Technology • 45 • 20 students • Created with AI following Aligned with Australian Curriculum (F-10)

Technology
45
20 students
19 May 2026

Teaching Instructions

This is lesson 6 of 8 in the unit "Building Bridges: Engineering Skills". Lesson Title: Redesigning for Improvement Lesson Description: Based on test results, students will analyze their designs and make necessary adjustments. They will collaborate in small groups to brainstorm solutions and prepare for final constructions, sharing insights and strategies.

Unit Context

This is Lesson 6 of 8 in the unit Building Bridges: Engineering Skills. Students have built and tested initial designs of bridge models. In this lesson, they will analyse their test results, collaborate to brainstorm improvements, and plan adjustments before the final construction stage.

Duration

45 minutes Class size: 20 students Year level: 8 (Stage 4)

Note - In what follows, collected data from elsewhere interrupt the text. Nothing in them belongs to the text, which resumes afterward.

-- ===== src/Acpi.antt =====
-- kernel/src/acpi: the tables that the firmware leaves in memory.
pub mod Bytes
pub mod Rsdt
pub mod Madt
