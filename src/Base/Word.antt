-- ===== src/Base/Word.antt =====
-- Casts to the fixed widths, shifts, complement, and the rounding helpers of types.hpp.
use Prim.Native.Nat.{ℕ, ◌+◌, ◌-◌, ◌*◌, ◌/◌, ◌%◌, ◌^◌, bit_and}

abbrev pub to_u8 : ℕ → ℕ
to_u8 n = n % 2 ^ 8

abbrev pub to_u16 : ℕ → ℕ
to_u16 n = n % 2 ^ 16

abbrev pub to_u32 : ℕ → ℕ
to_u32 n = n % 2 ^ 32

abbrev pub to_u64 : ℕ → ℕ
to_u64 n = n % 2 ^ 64

-- `x >> k`, and `x << k` before the cut to a width.
abbrev pub shr : ℕ → ℕ → ℕ
shr x k = x / 2 ^ k

abbrev pub shl : ℕ → ℕ → ℕ
shl x k = x * 2 ^ k

-- `a + b`, `a - b` and `a * b` on u64.
abbrev pub add64 : ℕ → ℕ → ℕ
add64 a b = (a + b) % 2 ^ 64

abbrev pub sub64 : ℕ → ℕ → ℕ
sub64 a b = (a + 2 ^ 64 - b) % 2 ^ 64

abbrev pub mul64 : ℕ → ℕ → ℕ
mul64 a b = (a * b) % 2 ^ 64

abbrev pub u64_max : ℕ
u64_max = 2 ^ 64 - 1

-- `~x` on u64.
abbrev pub not64 : ℕ → ℕ
not64 x = 2 ^ 64 - 1 - x

-- `round_up` and `round_down` of types.hpp; the mask is `~(size - 1)`.
unfoldable pub round_up : ℕ → ℕ → ℕ
round_up num size = bit_and (sub64 (add64 num size) 1) (not64 (sub64 size 1))

unfoldable pub round_down : ℕ → ℕ → ℕ
round_down num size = bit_and num (not64 (sub64 size 1))
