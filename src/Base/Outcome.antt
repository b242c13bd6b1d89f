-- ===== src/Base/Outcome.antt =====
-- The outcome of kernel code: a value, or a stop.
use mathlib.Core.Path.{◌≡◌, refl}
use mathlib.Core.Bool.{Bool, true, false}
use epsilon_os.Base.Tests.{if◌then◌else◌}
use mathlib.Core.Option.{Option, none, some}

-- Why the code does not go on: `panic` was called (an `assert` that fails calls it too), an access
-- left the array or mapping that it is meant for, which C++ leaves undefined, the processor was
-- halted for good, or the fuel of a loop of the model ran out.
pub data Stop : Type 0 where
  panic : Stop
  fault : Stop
  halted : Stop
  spent : Stop

pub data Result {ℓ} (A : Type ℓ) : Type ℓ where
  stop : Stop → Result A
  ok : A → Result A

module _ {ℓ κ} {A : Type ℓ} {B : Type κ} where
  infixl 5 ◌>>=◌
  -- What follows a stop is not run.
  abbrev pub ◌>>=◌ : Result A → (A → Result B) → Result B
  stop s >>= next = stop s
  ok a >>= next = next a

  -- A sequence that returns has run both of its parts.
  pub >>=-eq-ok :
      (first : Result A) (next : A → Result B) {b : B}
      → (first >>= next) ≡ ok b
      → (a : A) × (first ≡ ok a) × (next a ≡ ok b)
  >>=-eq-ok (stop s) next returns = cc
  >>=-eq-ok (ok a) next returns = (a, refl, returns)

infixl 5 ◌>>◌
abbrev pub ◌>>◌ {κ} : {B : Type κ} → Result (Unit {0}) → Result B → Result B
check >> rest = check >>= λ _. rest

-- `assert(b)`.
abbrev pub assert : Bool → Result (Unit {0})
assert true = ok tt
assert false = stop panic

-- A read that must lie in its array.
abbrev pub in_range {ℓ} : {A : Type ℓ} → Option A → Result A
in_range none = stop fault
in_range (some a) = ok a

-- A run that returns with `P`, or that panics; it neither leaves an array nor runs out of fuel.
abbrev pub PanicsOr {ℓ} : {A : Type ℓ} → (A → Type 0) → Result A → Type 0
PanicsOr P (ok a) = P a
PanicsOr P (stop panic) = Unit
PanicsOr P (stop fault) = ⊥
PanicsOr P (stop halted) = ⊥
PanicsOr P (stop spent) = ⊥

module _ {ℓ κ} {A : Type ℓ} {B : Type κ} (P : A → Type 0) (Q : B → Type 0) where
  pub >>=-PanicsOr :
      (first : Result A) (next : A → Result B)
      → PanicsOr P first
      → ((a : A) → P a → PanicsOr Q (next a))
      → PanicsOr Q (first >>= next)
  >>=-PanicsOr (ok a) next h then_ = then_ a h
  >>=-PanicsOr (stop panic) next h then_ = tt
  >>=-PanicsOr (stop fault) next h then_ = elim h [ ]
  >>=-PanicsOr (stop halted) next h then_ = elim h [ ]
  >>=-PanicsOr (stop spent) next h then_ = elim h [ ]

module _ {ℓ} {A : Type ℓ} (P : A → Type 0) where
  pub if-PanicsOr :
      (b : Bool) (this that : Result A)
      → PanicsOr P this
      → PanicsOr P that
      → PanicsOr P (if b then this else that)
  if-PanicsOr true this that h g = h
  if-PanicsOr false this that h g = g

-- A run that returns with `P`, or that panics in the case `N`.
abbrev pub PanicsIf {ℓ} : {A : Type ℓ} → Type 0 → (A → Type 0) → Result A → Type 0
PanicsIf N P (ok a) = P a
PanicsIf N P (stop panic) = N
PanicsIf N P (stop fault) = ⊥
PanicsIf N P (stop halted) = ⊥
PanicsIf N P (stop spent) = ⊥

module _ {ℓ κ} {A : Type ℓ} {B : Type κ} (N M : Type 0) (P : A → Type 0) (Q : B → Type 0) where
  pub >>=-PanicsIf :
      (first : Result A) (next : A → Result B)
      → PanicsIf N P first
      → (N → M)
      → ((a : A) → P a → PanicsIf M Q (next a))
      → PanicsIf M Q (first >>= next)
  >>=-PanicsIf (ok a) next h panics then_ = then_ a h
  >>=-PanicsIf (stop panic) next h panics then_ = panics h
  >>=-PanicsIf (stop fault) next h panics then_ = elim h [ ]
  >>=-PanicsIf (stop halted) next h panics then_ = elim h [ ]
  >>=-PanicsIf (stop spent) next h panics then_ = elim h [ ]

module _ {ℓ} {A : Type ℓ} (N : Type 0) (P : A → Type 0) where
  pub if-PanicsIf :
      (b : Bool) (this that : Result A)
      → (b ≡ true → PanicsIf N P this)
      → (b ≡ false → PanicsIf N P that)
      → PanicsIf N P (if b then this else that)
  if-PanicsIf true this that h g = h refl
  if-PanicsIf false this that h g = g refl

  -- A run that does not panic in that case returns.
  pub PanicsIf-ok : (r : Result A) → PanicsIf N P r → (N → ⊥) → (a : A) × (r ≡ ok a) × P a
  PanicsIf-ok (ok a) h never = (a, refl, h)
  PanicsIf-ok (stop panic) h never = elim (never h) [ ]
  PanicsIf-ok (stop fault) h never = elim h [ ]
  PanicsIf-ok (stop halted) h never = elim h [ ]
  PanicsIf-ok (stop spent) h never = elim h [ ]

module _ {ℓ} {A : Type ℓ} (N M : Type 0) (P Q : A → Type 0) where
  pub PanicsIf-map :
      (N → M) → ((a : A) → P a → Q a) → (r : Result A) → PanicsIf N P r → PanicsIf M Q r
  PanicsIf-map panics f (ok a) h = f a h
  PanicsIf-map panics f (stop panic) h = panics h
  PanicsIf-map panics f (stop fault) h = elim h [ ]
  PanicsIf-map panics f (stop halted) h = elim h [ ]
  PanicsIf-map panics f (stop spent) h = elim h [ ]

NSW Curriculum Links: Design and Technologies (Years 7–8)

Learning Area: Technologies Subject: Design and Technologies

Relevant Outcomes

  • ACTDEP028: Plan and document design processes, and use techniques to represent design ideas, materials, components, tools, equipment and processes.

  • ACTDEP029: Produce designed solutions for a range of technologies contexts that respond to needs or opportunities, including sustainability considerations.

  • ACTDEP030: Critique design processes and solutions to identify how they could be improved.

  • ACTDEP031: Work individually and collaboratively to safely plan and manage projects to create designed solutions.

These outcomes support students to develop and adapt design ideas, processes and solutions, which aligns with the lesson focus on redesigning based on test results and collaboration .

Learning Objectives

By the end of the lesson, students will be able to:

  • Analyse test data from their initial bridge designs to identify strengths and areas for improvement.

  • Collaborate effectively in small groups to brainstorm possible design adjustments and engineering solutions.

  • Communicate redesign ideas clearly using appropriate technical vocabulary and visual representation techniques.

  • Prepare a modification plan to guide the final bridge construction.

Materials Required

  • Initial bridge test results (videos, photos, or written/logged observations)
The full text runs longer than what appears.